Two Essentials to Decision-Making Under Stress
This winter my son and one of his friends entered the school Imagination Fair. It’s an annual opportunity for students to display their STEM creativity. My son picked a committed partner with strong technical skills, and they had a compelling idea: create a machine that dispenses gumballs if you choose the correct track to roll a marble down. Anything with guessing, marbles, tracks, and gum would surely elicit strong interest from kids at the fair.
Ideation and construction progressed well…until the morning of the fair.
Have you ever felt like everything was in order — and then it all fell apart? Were you able to think clearly and make good decisions in that moment?
The night before the fair, my son’s partner checked the machine before going to bed, and everything seemed ready to go. But he woke up the next morning to find the machine had collapsed. If you’ve ever been in a house on a school morning with an eleven-year-old, you know that it’s usually a rush to get them out the door dressed and fed. Layering a rebuild of this project on to the morning routine seemed impossible.
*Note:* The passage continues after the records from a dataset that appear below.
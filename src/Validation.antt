-- ===== src/Validation.antt =====
-- What a model proposes to do for a customer, and what becomes of it: the structures of
-- application/ports that the validation of services/ai_validation_pipeline.go passes on.
-- A `*string` is an `Option String`.
pub mod Evidence
pub mod Quantity
pub mod Proposal
pub mod Policy
pub mod Validators
pub mod Stage
pub mod Pipeline
mod Tests
use mujeeb24_backend_go.Common.{
  ℕ, String, String-discrete, ◌==◌, Bool, true, false, List, [], ◌∷◌, Option, none, some, Map,
  lookup,
}
use mujeeb24_backend_go.Common.Int.{ℤ}
use mujeeb24_backend_go.Catalog.Projection.{Fields}

pub record SelectedReference : Type 0 where
  pub item_id : String
  pub variant_id : Option String
  pub offer_id : Option String

unfoldable pub SelectedReference-discrete : Discrete SelectedReference
unfolding String-discrete
SelectedReference-discrete = hlevel String-discrete

pub record SalesWorkflowLine : Type 0 where
  pub item_id : String
  pub offer_id : Option String
  pub variant_id : Option String
  pub quantity : String
  pub selected_attributes : Fields

pub record SalesWorkflowProposal : Type 0 where
  pub workflow_id : String
  pub expected_version : ℤ
  pub transaction_type : String
  pub lines : List SalesWorkflowLine
  pub transaction_data : Fields
  pub evidence_message_ids : List String

pub record CapabilityDecision : Type 0 where
  pub capability : String
  pub response_text : String
  pub selected : List SelectedReference
  pub sales : Option SalesWorkflowProposal

-- The fields that the code here reads of the registry's entries.
pub record CapabilityDefinition : Type 0 where
  pub executor : String
  pub terminal : Bool
  pub sends_customer_message : Bool

abbrev customer_message : CapabilityDefinition
customer_message = record { executor = ""; terminal = true; sends_customer_message = true }

abbrev sales_executor : CapabilityDefinition
sales_executor = record { executor = "sales"; terminal = true; sends_customer_message = false }

abbrev not_terminal : CapabilityDefinition
not_terminal = record { executor = ""; terminal = false; sends_customer_message = false }

abbrev pub customer_sales_capability_registry : Map CapabilityDefinition
customer_sales_capability_registry =
    ("respond_without_action", customer_message)
    ∷ ("ask_customer", customer_message)
    ∷ ("handoff_to_human", customer_message)
    ∷ ("evaluate_full_catalog", not_terminal)
    ∷ ("record_lead", sales_executor)
    ∷ ("create_transaction_draft", sales_executor)
    ∷ ("update_transaction_draft", sales_executor)
    ∷ []

-- `CustomerSalesCapabilityDefinitionFor`
unfoldable pub capability_definition_for : String → Option CapabilityDefinition
capability_definition_for capability = lookup capability customer_sales_capability_registry

-- The fields of an active workflow that are compared.
pub record SalesWorkflowRecord : Type 0 where
  pub id : String
  pub resource_version : ℤ

pub record SalesWorkflowContext : Type 0 where
  pub enabled : Bool
  pub allow_interactions : Bool
  pub active : List SalesWorkflowRecord

pub record RecentMessageEvidence : Type 0 where
  pub reference : String
  pub direction : String
  pub origin : String
  pub text : String

-- The fields of the context that the validation and the policy read.
pub record CustomerSalesContext : Type 0 where
  pub sales : Option SalesWorkflowContext
  pub business_reference : String
  pub ai_mode_override : String
  pub recent_messages : List RecentMessageEvidence

pub record EffectiveDecision : Type 0 where
  pub decision_id : String
  pub capability : String
  pub policy_decision : String
  pub reason : String
  pub authorized_at : Option ℕ
  pub executed_at : Option ℕ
Naturally, my son’s partner freaked out.
His parents were sympathetic but needed to get themselves ready for the day and on their way. It seemed all might be lost…until his mom entered the room and made a remarkable statement:
“You’ve got a great mind and can figure it out.”
And then she walked away.
In my last post, I wrote that decisions often end up rising to higher levels of leadership because people struggle to deal with complex and ambiguous problems. One of the reasons for that is that complex and ambiguous problems frequently need to be made under stress. And stress can result in unproductive thinking about the problem. It reminds me of the great poem by Rudyard Kipling:
If you can keep your head when all about you
Are losing theirs and blaming it on you,
If you can trust yourself when all men doubt you,
But make allowance for their doubting too;
My son’s partner took a deep breath and quickly went to work. Despite the instinct to lose his head and lose trust in himself, he looked for a solution. And he knew something that anyone with strong technical skills knows: Duct tape will fix most problems.
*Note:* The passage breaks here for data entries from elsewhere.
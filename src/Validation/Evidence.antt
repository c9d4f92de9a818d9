-- ===== src/Validation/Evidence.antt =====
-- The evidence that a model was shown: ports/catalog_ai_read.go and EvidenceFromProjection of
-- services/catalog_ai_runtime.go. A missing map is an empty one.
pub mod Sound
use mujeeb24_backend_go.Common.{
  String, ◌==◌, Bool, true, false, ◌&&◌, ◌||◌, not, List, [], ◌∷◌, Option, none, some, Map, lookup,
  assign, has, if◌then◌else◌,
}
use mujeeb24_backend_go.Catalog.Projection.{
  CatalogAiVariant, CatalogAiOffer, CatalogAiItem, CatalogAiProjection,
}
use mujeeb24_backend_go.Validation.{SelectedReference}

pub record EvidenceOffer : Type 0 where
  pub variant_id : String

pub record EvidenceItem : Type 0 where
  pub variants : List String
  pub offers : Map EvidenceOffer

pub record EvidenceSet : Type 0 where
  pub items : Map EvidenceItem

abbrev pub no_evidence : EvidenceItem
no_evidence = record { variants = []; offers = [] }

-- `NewCatalogAIEvidenceSet`
abbrev pub new_evidence_set : EvidenceSet
new_evidence_set = record { items = [] }

-- `*p`, or the empty text for a missing one
abbrev pub text_or_empty : Option String → String
text_or_empty none = ""
text_or_empty (some s) = s

-- A variant that is selected is in the evidence of the item.
abbrev pub contains_variant : String → EvidenceItem → Bool
contains_variant selected item = (selected == "") || has selected item.variants

abbrev pub fits_variant : String → EvidenceOffer → Bool
fits_variant selected offer =
    (selected == "") || ((offer.variant_id == "") || (offer.variant_id == selected))

abbrev pub offered : String → Option EvidenceOffer → Bool
offered selected none = false
offered selected (some offer) = fits_variant selected offer

abbrev pub contains_offer : String → String → EvidenceItem → Bool
contains_offer selected offer item = (offer == "") || offered selected (lookup offer item.offers)

abbrev pub item_contains : SelectedReference → Option EvidenceItem → Bool
item_contains ref none = false
item_contains ref (some item) =
    contains_variant (text_or_empty ref.variant_id) item
    && contains_offer (text_or_empty ref.variant_id) (text_or_empty ref.offer_id) item

unfoldable pub contains_selection : EvidenceSet → SelectedReference → Bool
contains_selection e ref = item_contains ref (lookup ref.item_id e.items)

pub variant_ids : List CatalogAiVariant → List String
variant_ids [] = []
variant_ids (v ∷ variants) = v.id ∷ variant_ids variants

pub evidence_offers : List CatalogAiOffer → Map EvidenceOffer → Map EvidenceOffer
evidence_offers [] written = written
evidence_offers (o ∷ offers) written =
    evidence_offers offers
      (assign o.id (record { variant_id = text_or_empty o.variant_id }) written)

abbrev pub entry_of : CatalogAiItem → EvidenceItem
entry_of item = record {
  variants = variant_ids item.variants;
  offers = evidence_offers item.offers [];
}

pub evidence_items : List CatalogAiItem → Map EvidenceItem → Map EvidenceItem
evidence_items [] written = written
evidence_items (item ∷ items) written =
    evidence_items items (assign item.id (entry_of item) written)

unfoldable pub evidence_from_projection : CatalogAiProjection → EvidenceSet
unfolding evidence_items evidence_offers variant_ids
evidence_from_projection p = record { items = evidence_items p.items [] }

-- The rows of a bundle that AddBundle reads.
pub record BundleVariant : Type 0 where
  pub id : String
  pub catalog_item_id : String

pub record BundleOffer : Type 0 where
  pub id : String
  pub catalog_item_id : String
  pub variant_id : Option String

pub record Bundle : Type 0 where
  pub item_id : String
  pub variants : List BundleVariant
  pub offers : List BundleOffer

abbrev pub evidence_or_none : Option EvidenceItem → EvidenceItem
evidence_or_none none = no_evidence
evidence_or_none (some item) = item

pub add_variants : String → List BundleVariant → List String → List String
add_variants item_id [] written = written
add_variants item_id (v ∷ variants) written =
    add_variants item_id variants (if v.catalog_item_id == item_id then v.id ∷ written else written)

pub add_offers : String → List BundleOffer → Map EvidenceOffer → Map EvidenceOffer
add_offers item_id [] written = written
add_offers item_id (o ∷ offers) written = add_offers item_id offers (
    if o.catalog_item_id == item_id
    then assign o.id (record { variant_id = text_or_empty o.variant_id }) written
    else written)

unfoldable pub add_bundle : EvidenceSet → Bundle → EvidenceSet
unfolding add_variants add_offers
add_bundle e b =
    let item = evidence_or_none (lookup b.item_id e.items) in
    record {
      items =
          assign b.item_id
            (record {
              variants = add_variants b.item_id b.variants item.variants;
              offers = add_offers b.item_id b.offers item.offers;
            })
            e.items;
    }

pub merge_variants : List String → List String → List String
merge_variants [] written = written
merge_variants (v ∷ variants) written = merge_variants variants (v ∷ written)

pub merge_offers : Map EvidenceOffer → Map EvidenceOffer → Map EvidenceOffer
merge_offers [] written = written
merge_offers ((id, offer) ∷ offers) written = merge_offers offers (assign id offer written)

abbrev pub merge_item : EvidenceItem → EvidenceItem → EvidenceItem
merge_item other item = record {
  variants = merge_variants other.variants item.variants;
  offers = merge_offers other.offers item.offers;
}

pub merge_items : Map EvidenceItem → Map EvidenceItem → Map EvidenceItem
merge_items [] written = written
merge_items ((id, other) ∷ others) written =
    merge_items others (assign id (merge_item other (evidence_or_none (lookup id written))) written)

unfoldable pub merge : EvidenceSet → EvidenceSet → EvidenceSet
unfolding merge_items merge_offers merge_variants
merge e other = record { items = merge_items other.items e.items }
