-- ===== src/Validation/Evidence/Sound.antt =====
-- A selection that the evidence contains was shown to the model.
use mujeeb24_backend_go.Common.{
  String, ◌==◌, ==_iff, ◌≡◌, refl, sym, ap, subst, ◌∙◌, Bool, true, false, ◌&&◌, ◌||◌, List, [],
  ◌∷◌, Option, none, some, Map, lookup, assign, lookup-assign, has-In, In, if◌then◌else◌,
  Bool-cases, ◌⊎◌, inl, inr,
}
use mujeeb24_backend_go.Catalog.Projection.{
  CatalogAiVariant, CatalogAiOffer, CatalogAiItem, CatalogAiProjection,
}
use mujeeb24_backend_go.Validation.{SelectedReference}
use mujeeb24_backend_go.Validation.Evidence.{
  EvidenceOffer, EvidenceItem, fits_variant, offered, contains_offer, contains_selection,
  item_contains, variant_ids, evidence_offers, entry_of, evidence_items, evidence_from_projection,
  text_or_empty,
}

pub &&-both : (a b : Bool) → (a && b) ≡ true → (a ≡ true) × (b ≡ true)
&&-both true b h = (refl, h)
&&-both false b h = cc

pub ||-either : (a b : Bool) → (a || b) ≡ true → (a ≡ true) ⊎ (b ≡ true)
||-either true b h = inl refl
||-either false b h = inr h

-- The variant was shown with the item.
abbrev pub ShownVariant : String → CatalogAiItem → Type 0
ShownVariant selected item =
    (selected ≡ "") ⊎ ((v : CatalogAiVariant) × In v item.variants × (v.id ≡ selected))

-- The offer was shown with the item, and is for every variant or for the one that is selected.
abbrev pub ShownOffer : String → String → CatalogAiItem → Type 0
ShownOffer selected offer item =
    (offer ≡ "")
    ⊎ ((o : CatalogAiOffer) × In o item.offers
        × (o.id ≡ offer)
        × ((selected ≡ "")
            ⊎ ((text_or_empty o.variant_id ≡ "") ⊎ (text_or_empty o.variant_id ≡ selected))))

abbrev pub Shown : SelectedReference → CatalogAiItem → Type 0
Shown ref item =
    (item.id ≡ ref.item_id)
    × ShownVariant (text_or_empty ref.variant_id) item
    × ShownOffer (text_or_empty ref.variant_id) (text_or_empty ref.offer_id) item

some_injective {ℓ} : {A : Type ℓ} (a b : A) → ◌≡◌ {A = Option A} (some a) (some b) → a ≡ b
some_injective a b e = cc

found_item :
    (k : String) (items : List CatalogAiItem) (written : Map EvidenceItem) (e : EvidenceItem)
    → lookup k (evidence_items items written) ≡ some e
    → ((item : CatalogAiItem) × In item items × (item.id ≡ k) × (entry_of item ≡ e))
      ⊎ (lookup k written ≡ some e)
unfolding evidence_items
found_item k [] written e h = inr h
found_item k (item ∷ items) written e h =
    elim (found_item k items (assign item.id (entry_of item) written) e h) [
      | inl (i, m, p, q) ↦ inl (i, inr m, p, q)
      | inr old ↦
          let w : (if item.id == k then some (entry_of item) else lookup k written) ≡ some e =
            sym (lookup-assign k item.id (entry_of item) written) ∙ old in
          elim (Bool-cases (item.id == k)) [
            | inl t ↦ inl (
              item,
              inl refl,
              (==_iff item.id k).0 t,
              some_injective (entry_of item) e (rw t at w),
            )
            | inr f ↦ inr (rw f at w)
          ]
    ]

found_offer :
    (k : String) (offers : List CatalogAiOffer) (written : Map EvidenceOffer) (e : EvidenceOffer)
    → lookup k (evidence_offers offers written) ≡ some e
    → ((o : CatalogAiOffer) × In o offers
        × (o.id ≡ k)
        × (text_or_empty o.variant_id ≡ e.variant_id))
      ⊎ (lookup k written ≡ some e)
unfolding evidence_offers
found_offer k [] written e h = inr h
found_offer k (o ∷ offers) written e h =
    elim (found_offer k offers
      (assign o.id (record { variant_id = text_or_empty o.variant_id }) written) e h) [
        | inl (i, m, p, q) ↦ inl (i, inr m, p, q)
        | inr old ↦
            let w : (if o.id == k
                  then some (record { variant_id = text_or_empty o.variant_id })
                  else lookup k written)
                ≡ some e =
              sym
                (lookup-assign k o.id (record { variant_id = text_or_empty o.variant_id }) written)
              ∙ old in
            elim (Bool-cases (o.id == k)) [
              | inl t ↦ inl (
                o,
                inl refl,
                (==_iff o.id k).0 t,
                ap (λ (x : EvidenceOffer). x.variant_id)
                    (some_injective (record { variant_id = text_or_empty o.variant_id }) e
                      (rw t at w)),
              )
              | inr f ↦ inr (rw f at w)
            ]
      ]

In-variant_ids :
    (k : String) (variants : List CatalogAiVariant)
    → In k (variant_ids variants)
    → (v : CatalogAiVariant) × In v variants × (v.id ≡ k)
unfolding variant_ids
In-variant_ids k [] h = absurd h
In-variant_ids k (v ∷ variants) (inl e) = (v, inl refl, e)
In-variant_ids k (v ∷ variants) (inr m) =
    let (w, n, e) = In-variant_ids k variants m in (w, inr n, e)

fits_variant-either :
    (selected : String) (offer : EvidenceOffer)
    → fits_variant selected offer ≡ true
    → (selected ≡ "") ⊎ ((offer.variant_id ≡ "") ⊎ (offer.variant_id ≡ selected))
fits_variant-either selected offer h = elim (||-either _ _ h) [
  | inl e ↦ inl ((==_iff selected "").0 e)
  | inr r ↦ elim (||-either _ _ r) [
    | inl e ↦ inr (inl ((==_iff offer.variant_id "").0 e))
    | inr e ↦ inr (inr ((==_iff offer.variant_id selected).0 e))
  ]
]

contains_offer-Shown :
    (selected offer : String) (item : CatalogAiItem)
    → contains_offer selected offer (entry_of item) ≡ true
    → ShownOffer selected offer item
contains_offer-Shown selected offer item h = elim (||-either _ _ h) [
  | inl e ↦ inl ((==_iff offer "").0 e)
  | inr r ↦ inr (by_entry (lookup offer (evidence_offers item.offers [])) refl r)
]
  where
    by_entry :
        (o : Option EvidenceOffer)
        → lookup offer (evidence_offers item.offers []) ≡ o
        → offered selected o ≡ true
        → (x : CatalogAiOffer) × In x item.offers
          × (x.id ≡ offer)
          × ((selected ≡ "")
              ⊎ ((text_or_empty x.variant_id ≡ "") ⊎ (text_or_empty x.variant_id ≡ selected)))
    by_entry none found ok_offer = cc
    by_entry (some e) found ok_offer = elim (found_offer offer item.offers [] e found) [
      | inl (x, m, p, q) ↦ (
        x,
        m,
        p,
        subst (λ (v : String). (selected ≡ "") ⊎ ((v ≡ "") ⊎ (v ≡ selected))) (sym q)
            (fits_variant-either selected e ok_offer),
      )
      | inr old ↦ absurd (none_some old)
    ]
      where
        none_some : ◌≡◌ {A = Option EvidenceOffer} none (some e) → ⊥
        none_some p = cc

item_contains-Shown :
    (ref : SelectedReference) (item : CatalogAiItem)
    → item.id ≡ ref.item_id
    → item_contains ref (some (entry_of item)) ≡ true
    → Shown ref item
item_contains-Shown ref item same h =
    let both = &&-both _ _ h in
    (
      same,
      elim (||-either _ _ both.0) [
        | inl e ↦ inl ((==_iff (text_or_empty ref.variant_id) "").0 e)
        | inr m ↦ inr (
            In-variant_ids (text_or_empty ref.variant_id) item.variants
              (has-In (text_or_empty ref.variant_id) (variant_ids item.variants) m))
      ],
      contains_offer-Shown (text_or_empty ref.variant_id) (text_or_empty ref.offer_id) item both.1,
    )

-- A selection that the evidence of a projection contains names an item of the projection; its variant,
-- if one is selected, was shown with that item, and so was its offer, which is for the selected
-- variant or for no variant in particular.
pub contains_selection-Shown :
    (p : CatalogAiProjection) (ref : SelectedReference)
    → contains_selection (evidence_from_projection p) ref ≡ true
    → (item : CatalogAiItem) × In item p.items × Shown ref item
unfolding contains_selection evidence_from_projection
contains_selection-Shown p ref h = by_entry (lookup ref.item_id (evidence_items p.items [])) refl h
  where
    by_entry :
        (o : Option EvidenceItem)
        → lookup ref.item_id (evidence_items p.items []) ≡ o
        → item_contains ref o ≡ true
        → (item : CatalogAiItem) × In item p.items × Shown ref item
    by_entry none found contained = cc
    by_entry (some e) found contained = elim (found_item ref.item_id p.items [] e found) [
      | inl (item, m, same, q) ↦ (
        item,
        m,
        item_contains-Shown ref item same
            (subst (λ (x : EvidenceItem). item_contains ref (some x) ≡ true) (sym q) contained),
      )
      | inr old ↦ absurd (none_some old)
    ]
      where
        none_some : ◌≡◌ {A = Option EvidenceItem} none (some e) → ⊥
        none_some p = cc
With additional resolve, and a big roll of tape, he managed to get it all back together.
How well do you help yourself and others make stressful decisions?
The two biggest mental culprits that sabotage decision-making under stress are:
- Scarcity mindset. These thoughts complain, “I’m not enough,” “We don’t have what it takes,” or “The resources aren’t available.” Constraints and limitations are real. That said, we often don’t realize what’s available to us. Remind yourself or others what you/they have. For example: You’ve got a great mind.
- Catastrophic thinking. Thinking the worst possible outcome can be helpful for a moment as you accept what’s at stake. But “what if” thinking can be paralyzing. “What if we can’t fix this!?” “What if my partner thinks it’s my fault!?” “What if we have nothing to display in the fair!?” It’s so important in these moments that you remember what’s possible. Like: You can figure it out.
You’ve got a great mind and can figure it out.
Imagine the growth potential for yourself and others if you led with this statement in moments of crisis.
I’m not recommending a superficial positivity or an abandonment of support. It’s simply re-framing how you see problems.
Do you or the people you lead look at problems with a scarcity mindset and catastrophic thinking? What might happen if you instead approached decisions with abundance and possibility?